— Data provided —
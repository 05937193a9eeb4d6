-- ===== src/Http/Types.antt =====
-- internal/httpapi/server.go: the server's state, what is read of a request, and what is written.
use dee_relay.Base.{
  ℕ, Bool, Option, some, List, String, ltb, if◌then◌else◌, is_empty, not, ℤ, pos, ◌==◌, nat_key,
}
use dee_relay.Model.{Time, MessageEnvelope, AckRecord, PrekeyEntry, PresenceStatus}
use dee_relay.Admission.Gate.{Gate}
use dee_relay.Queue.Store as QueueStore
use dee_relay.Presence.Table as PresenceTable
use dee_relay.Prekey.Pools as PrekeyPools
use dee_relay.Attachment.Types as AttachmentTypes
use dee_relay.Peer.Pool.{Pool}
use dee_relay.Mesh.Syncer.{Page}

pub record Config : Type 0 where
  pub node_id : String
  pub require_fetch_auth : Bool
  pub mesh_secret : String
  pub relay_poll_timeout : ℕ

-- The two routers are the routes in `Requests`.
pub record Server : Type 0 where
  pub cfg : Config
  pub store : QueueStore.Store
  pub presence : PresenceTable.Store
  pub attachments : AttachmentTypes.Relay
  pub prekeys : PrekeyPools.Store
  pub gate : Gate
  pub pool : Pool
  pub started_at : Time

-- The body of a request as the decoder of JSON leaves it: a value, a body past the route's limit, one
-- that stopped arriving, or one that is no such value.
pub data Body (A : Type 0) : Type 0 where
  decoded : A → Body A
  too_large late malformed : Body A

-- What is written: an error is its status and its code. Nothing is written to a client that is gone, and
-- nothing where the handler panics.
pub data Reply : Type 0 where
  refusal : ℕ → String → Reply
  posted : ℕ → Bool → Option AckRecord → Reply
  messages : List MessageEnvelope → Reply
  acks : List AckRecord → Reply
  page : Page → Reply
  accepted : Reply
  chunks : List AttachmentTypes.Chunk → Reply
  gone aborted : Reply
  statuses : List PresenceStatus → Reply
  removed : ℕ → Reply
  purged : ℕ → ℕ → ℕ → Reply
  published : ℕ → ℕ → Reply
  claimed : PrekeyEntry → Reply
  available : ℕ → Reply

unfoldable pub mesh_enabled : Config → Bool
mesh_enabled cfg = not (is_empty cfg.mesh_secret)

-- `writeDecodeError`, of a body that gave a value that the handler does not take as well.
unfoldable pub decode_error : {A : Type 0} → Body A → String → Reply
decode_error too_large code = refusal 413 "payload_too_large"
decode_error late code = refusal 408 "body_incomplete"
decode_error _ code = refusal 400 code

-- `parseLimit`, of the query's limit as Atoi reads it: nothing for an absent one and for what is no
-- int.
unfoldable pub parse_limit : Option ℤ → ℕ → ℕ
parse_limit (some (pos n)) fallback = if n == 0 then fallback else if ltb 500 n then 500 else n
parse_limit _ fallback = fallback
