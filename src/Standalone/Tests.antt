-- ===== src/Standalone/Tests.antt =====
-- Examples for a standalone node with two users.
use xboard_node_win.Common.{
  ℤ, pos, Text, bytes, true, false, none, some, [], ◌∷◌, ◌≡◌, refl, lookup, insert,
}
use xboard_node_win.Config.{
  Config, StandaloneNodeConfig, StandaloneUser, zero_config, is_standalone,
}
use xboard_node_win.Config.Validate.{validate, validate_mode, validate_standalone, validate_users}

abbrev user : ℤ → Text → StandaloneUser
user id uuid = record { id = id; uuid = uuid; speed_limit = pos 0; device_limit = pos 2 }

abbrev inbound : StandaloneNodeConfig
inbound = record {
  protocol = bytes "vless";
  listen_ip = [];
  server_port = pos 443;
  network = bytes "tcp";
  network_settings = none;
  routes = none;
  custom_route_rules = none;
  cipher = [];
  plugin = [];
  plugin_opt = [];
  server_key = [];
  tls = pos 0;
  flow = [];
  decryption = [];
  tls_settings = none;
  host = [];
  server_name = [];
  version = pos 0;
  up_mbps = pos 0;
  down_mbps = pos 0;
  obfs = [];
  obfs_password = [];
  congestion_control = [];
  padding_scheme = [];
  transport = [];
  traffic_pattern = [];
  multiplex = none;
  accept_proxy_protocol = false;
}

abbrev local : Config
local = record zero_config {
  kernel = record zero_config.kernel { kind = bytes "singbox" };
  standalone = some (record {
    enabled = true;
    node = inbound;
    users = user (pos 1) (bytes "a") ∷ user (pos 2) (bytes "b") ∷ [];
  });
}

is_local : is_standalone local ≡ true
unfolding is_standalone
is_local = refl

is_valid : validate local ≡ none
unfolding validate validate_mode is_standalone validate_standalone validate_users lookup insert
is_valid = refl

— Exercise details —
Transcribe the lines from the first line of the records through the line that contains "pub cfg : Config", both included, and add nothing else.

— Exercise result —
repository 05937193a9eeb4d6
-- ===== src/Http/Types.antt =====
-- internal/httpapi/server.go: the server's state, what is read of a request, and what is written.
use dee_relay.Base.{
  ℕ, Bool, Option, some, List, String, ltb, if◌then◌else◌, is_empty, not, ℤ, pos, ◌==◌, nat_key,
}
use dee_relay.Model.{Time, MessageEnvelope, AckRecord, PrekeyEntry, PresenceStatus}
use dee_relay.Admission.Gate.{Gate}
use dee_relay.Queue.Store as QueueStore
use dee_relay.Presence.Table as PresenceTable
use dee_relay.Prekey.Pools as PrekeyPools
use dee_relay.Attachment.Types as AttachmentTypes
use dee_relay.Peer.Pool.{Pool}
use dee_relay.Mesh.Syncer.{Page}

pub record Config : Type 0 where
  pub node_id : String
  pub require_fetch_auth : Bool
  pub mesh_secret : String
  pub relay_poll_timeout : ℕ

-- The two routers are the routes in `Requests`.
pub record Server : Type 0 where
  pub cfg : Config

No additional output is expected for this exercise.